Two key Mississippi movers and shakers behind bringing power to rural Mississippi were U.S. Sen. Pat Harrison from the Gulf Coast and U.S. Rep. John Rankin of Tupelo.

“Sen. Harrison and Rep. Rankin advocated heartily for electric power distribution in Mississippi. They would also welcome President Roosevelt and First Lady Eleanor to Mississippi to tour New Deal projects, like the new homesteads and the TVA, which began rural electrification in Mississippi.

In 1936, the state of Mississippi established the Rural Electrification Authority of Mississippi and passed the Electric Power Association Act, a law that created electric cooperatives. That law was updated in 2016.

Mississippi was among the first states in the nation to pass adequate laws for forming electric cooperatives, according to the definitive state electric cooperative history, “Rural Electrification in Mississippi 1934-1970” by Winnie Ellis Phillips.

Alcorn County Electric Power Association in Corinth was the nation’s first rural electric cooperative.

Rural power wasn’t the only cooperative effort from Roosevelt’s New Deal.

Credit unions came about as the result of The Federal Credit Union Act of 1934.

Putnam said each Great Depression photo in the book tells a different story.

“The images are so diverse. Each tells its personal story. However, the historical narrative expands when the combined photos and captions encompass the more extraordinary story of the Great Depression in Mississippi,” Putnam said.

The research, writing, and acquiring the photos took Putnam over a year.

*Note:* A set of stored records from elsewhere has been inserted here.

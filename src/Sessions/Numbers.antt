-- ===== src/Sessions/Numbers.antt =====
-- Session numbers tell sessions apart.
use mathlib.Core.Option
use mybro.Lru.{Lru}
use mybro.Prelude.{
  ℕ, zero, suc, ◌+◌, ◌%◌, ◌^◌, ◌≤◌, ◌<◌, ◌≡◌, ◌≢◌, ◌⊎◌, refl, sym, ◌∙◌, ap, String, str_eq, eq_iff,
  none, some, List, [], ◌∷◌, length, Option-cases, Bool-cases, inl, inr, ltb, leb, arith,
}
use mybro.Sessions.{
  Session, State, Call, touching, tracking, touch, track, evict, make_room, again, run,
}
use mybro.Sessions.Affinity.{lookup-touch}

String-cases : (a b : String) → (a ≡ b) ⊎ (a ≢ b)
String-cases a b = elim (Bool-cases (str_eq a b)) [
  | inl e ↦ inl ((eq_iff a b).0 e)
  | inr e ↦ inr (λ q. let t = (eq_iff a b).1 q in cc)
]

module _ (lru : Lru String Session) where
  -- Every number was given out, and no number twice.
  pub record Numbered (c : lru.Cache) (counter : ℕ) : Type 0 where
    pub given : (fp : String) (s : Session) → lru.lookup fp c ≡ some s → s.sess_num ≤ counter
    pub once :
        (fp gp : String) (s t : Session)
        → lru.lookup fp c ≡ some s
        → lru.lookup gp c ≡ some t
        → s.sess_num ≡ t.sess_num
        → fp ≡ gp

  -- The sessions of one cache are in the other, with the same numbers.
  Within : lru.Cache → lru.Cache → Type 0
  Within c d =
      (fp : String) (s : Session)
      → lru.lookup fp c ≡ some s
      → (t : Session) × (lru.lookup fp d ≡ some t) × (t.sess_num ≡ s.sess_num)

  Within-Numbered :
      (c d : lru.Cache) (counter : ℕ) → Within c d → Numbered d counter → Numbered c counter
  unfolding Within
  Within-Numbered c d counter w n = record {
    given = λ fp s h. let (t, e, q) = w fp s h in omega (arith, n.given fp t e, q);
    once = λ fp gp s t h k same.
        let (s', e, q) = w fp s h in
        let (t', f, r) = w gp t k in n.once fp gp s' t' e f (omega (arith, q, r, same));
  }

  evict-Within : (rounds : ℕ) (c : lru.Cache) → Within (evict lru rounds c) c
  unfolding Within evict
  evict-Within zero c fp s h = (s, h, refl)
  evict-Within (suc rounds) c fp s h = elim (Bool-cases (ltb 8_000 (lru.len c))) [
    | inl e ↦
        let h' : lru.lookup fp (evict lru rounds (lru.pop_lru c)) ≡ some s = rw (evict, e) at h in
        let (t, f, q) = evict-Within rounds (lru.pop_lru c) fp s h' in
        (t, lru.lookup-pop_lru fp t c f, q)
    | inr e ↦ let h' : lru.lookup fp c ≡ some s = rw (evict, e) at h in (s, h', refl)
  ]

  make_room-Within : (c : lru.Cache) → Within (make_room lru c) c
  unfolding Within make_room
  make_room-Within c fp s h = elim (Bool-cases (leb 10_000 (lru.len c))) [
    | inl e ↦
        let h' : lru.lookup fp (evict lru (lru.len c) c) ≡ some s = rw (make_room, e) at h in
        evict-Within (lru.len c) c fp s h'
    | inr e ↦ let h' : lru.lookup fp c ≡ some s = rw (make_room, e) at h in (s, h', refl)
  ]

  modify-Within : (fp : String) (idx : ℕ) (c : lru.Cache) → Within (lru.modify fp (again idx) c) c
  unfolding Within
  modify-Within fp idx c gp s h = elim (String-cases gp fp) [
    | inl same ↦ elim (Option-cases (lru.lookup fp c)) [
      | inl e ↦
          let q : none ≡ some s =
            sym (lru.lookup-modify_self fp (again idx) c ∙ ap (Option.map (again idx)) e)
            ∙ (rw same at h) in
          absurd (ground arith)
      | inr (t, e) ↦
          let q : some (again idx t) ≡ some s =
            sym (lru.lookup-modify_self fp (again idx) c ∙ ap (Option.map (again idx)) e)
            ∙ (rw same at h) in
          (t, rw same e, ground arith)
    ]
    | inr ne ↦ (s, sym (lru.lookup-modify_ne gp fp (again idx) c ne) ∙ h, refl)
  ]

  lookup-put-eq :
      (fp : String) (new : Session) (c : lru.Cache) (gp : String) (s : Session)
      → gp ≡ fp
      → lru.lookup gp (lru.put fp new c) ≡ some s
      → s.sess_num ≡ new.sess_num
  lookup-put-eq fp new c gp s same h =
      let q : some new ≡ some s = sym (lru.lookup-put_self fp new c) ∙ (rw same at h) in
      ground arith

  put-Numbered :
      (fp : String) (new : Session) (c : lru.Cache) (counter : ℕ)
      → new.sess_num ≡ suc counter
      → Numbered c counter
      → Numbered (lru.put fp new c) (suc counter)
  put-Numbered fp new c counter e n = record {
    given = λ gp s h. elim (String-cases gp fp) [
      | inl same ↦ let q = lookup-put-eq fp new c gp s same h in omega (arith, e, q)
      | inr ne ↦ let q = n.given gp s (lru.lookup-put_ne gp fp new s c ne h) in omega (arith, q)
    ];
    once = λ gp hp s t h k same. elim (String-cases gp fp) [
      | inl a ↦ elim (String-cases hp fp) [
        | inl b ↦ a ∙ sym b
        | inr b ↦
            let q = lookup-put-eq fp new c gp s a h in
            let r = n.given hp t (lru.lookup-put_ne hp fp new t c b k) in
            absurd (omega (arith, e, q, r, same))
      ]
      | inr a ↦ elim (String-cases hp fp) [
        | inl b ↦
            let q = lookup-put-eq fp new c hp t b k in
            let r = n.given gp s (lru.lookup-put_ne gp fp new s c a h) in
            absurd (omega (arith, e, q, r, same))
        | inr b ↦
            n.once gp hp s t (lru.lookup-put_ne gp fp new s c a h)
              (lru.lookup-put_ne hp fp new t c b k) same
      ]
    ];
  }

  track-Numbered :
      (fp : String) (idx : ℕ) (st : State lru)
      → st.counter + 1 < 2 ^ 64
      → Numbered st.inner st.counter
      → let st' = (track lru fp idx st).1 in
        Numbered st'.inner st'.counter × (st'.counter ≤ st.counter + 1)
  unfolding track
  track-Numbered fp idx st small n = elim (Option-cases (lru.lookup fp st.inner)) [
    | inl e ↦
        let m : (st.counter + 1) % 2 ^ 64 ≡ suc st.counter = omega (arith, small) in
        rw (track, e, m)
          (
            put-Numbered fp
                (record { token_index = idx; request_count = 1; sess_num = suc st.counter })
                (make_room lru st.inner) st.counter refl
                (Within-Numbered (make_room lru st.inner) st.inner st.counter
                  (make_room-Within st.inner) n),
            omega arith,
          )
    | inr (s, e) ↦
        rw (track, e)
          (
            Within-Numbered (lru.modify fp (again idx) st.inner) st.inner st.counter
                (modify-Within fp idx st.inner) n,
            omega arith,
          )
  ]

  touch-Numbered :
      (fp : String) (st : State lru)
      → Numbered st.inner st.counter
      → let st' = (touch lru fp st).1 in Numbered st'.inner st.counter
  unfolding Within
  touch-Numbered fp st n =
      Within-Numbered (touch lru fp st).1.inner st.inner st.counter
        (λ gp s h. (s, sym (lookup-touch lru gp fp st) ∙ h, refl)) n

  counter-touch : (fp : String) (st : State lru) → (touch lru fp st).1.counter ≡ st.counter
  unfolding touch
  counter-touch fp st = elim (Option-cases (lru.get fp st.inner).0) [
    | inl e ↦ rw (touch, e) refl
    | inr (s, e) ↦ rw (touch, e) refl
  ]

  run-Numbered :
      (calls : List Call) (st : State lru)
      → st.counter + length calls < 2 ^ 64
      → Numbered st.inner st.counter
      → Numbered (run lru calls st).inner (run lru calls st).counter
  unfolding run
  run-Numbered [] st small n = n
  run-Numbered (touching fp ∷ calls) st small n =
      run-Numbered calls (touch lru fp st).1 (omega (arith, counter-touch fp st, small))
        (rw (counter-touch fp st) (touch-Numbered fp st n))
  run-Numbered (tracking fp idx ∷ calls) st small n =
      let (m, le) = track-Numbered fp idx st (omega (arith, small)) n in
      run-Numbered calls (track lru fp idx st).1 (omega (arith, le, small)) m

  -- From a map without sessions on, and with fewer than 2^64 calls after the numbers given out, no two
  -- conversations of the map have the same session number, whatever was evicted in between.
  pub run-distinct :
      (calls : List Call) (st : State lru)
      → ((fp : String) → lru.lookup fp st.inner ≡ none)
      → st.counter + length calls < 2 ^ 64
      → (fp gp : String) (s t : Session) → lru.lookup fp (run lru calls st).inner ≡ some s
      → lru.lookup gp (run lru calls st).inner ≡ some t
      → fp ≢ gp
      → s.sess_num ≢ t.sess_num
  run-distinct calls st empty small fp gp s t h k apart same = apart (
      (run-Numbered calls st small (record {
        given = λ ep u e. let q = empty ep in absurd (cc);
        once = λ ep dp u v e f q. let r = empty ep in absurd (cc);
      })).once
        fp gp s t h k same)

“Thanks to other New Deal Programs, photographers employed by the Farm Security Administration and the Works Progress Administration, which included Mississippi’s Eudora Welty, took around 80,000 photos of life during the Great Depression. The Library of Congress, where these photos are archived, provided most of the images in the book,” Putnam said.

Other Great Depression-era improvements to Mississippi included action by Gov. Mike Connor, who initiated measures to improve the treatment of inmates at Parchman Prison in the Delta. Women also played an active role. The Natchez Garden Club successfully spurred tourism by starting the state’s first pilgrimage in 1932. Mississippians found employment through the Public Works Administration and the Civilian Conservation Corps, which stimulated economic development through new and add-on construction in urban and rural areas and the construction of nine state parks.

When asked if there were any lessons learned or to be learned by Mississippi from the Great Depression, Putnam said the power and influence of Roosevelt and the New Deal was immense.

“There was political, social, economic, and cultural cooperation for the common good of all Americans and, of course, Mississippians. President Franklin D. Roosevelt served four terms in office and is still considered one of America’s most influential and beloved presidents. We can argue all day about the pros and cons of his administration’s New Deal. However, the fact remains that the American people, including over 90% of Mississippians, voted him into office more than any other president in American history,” she said.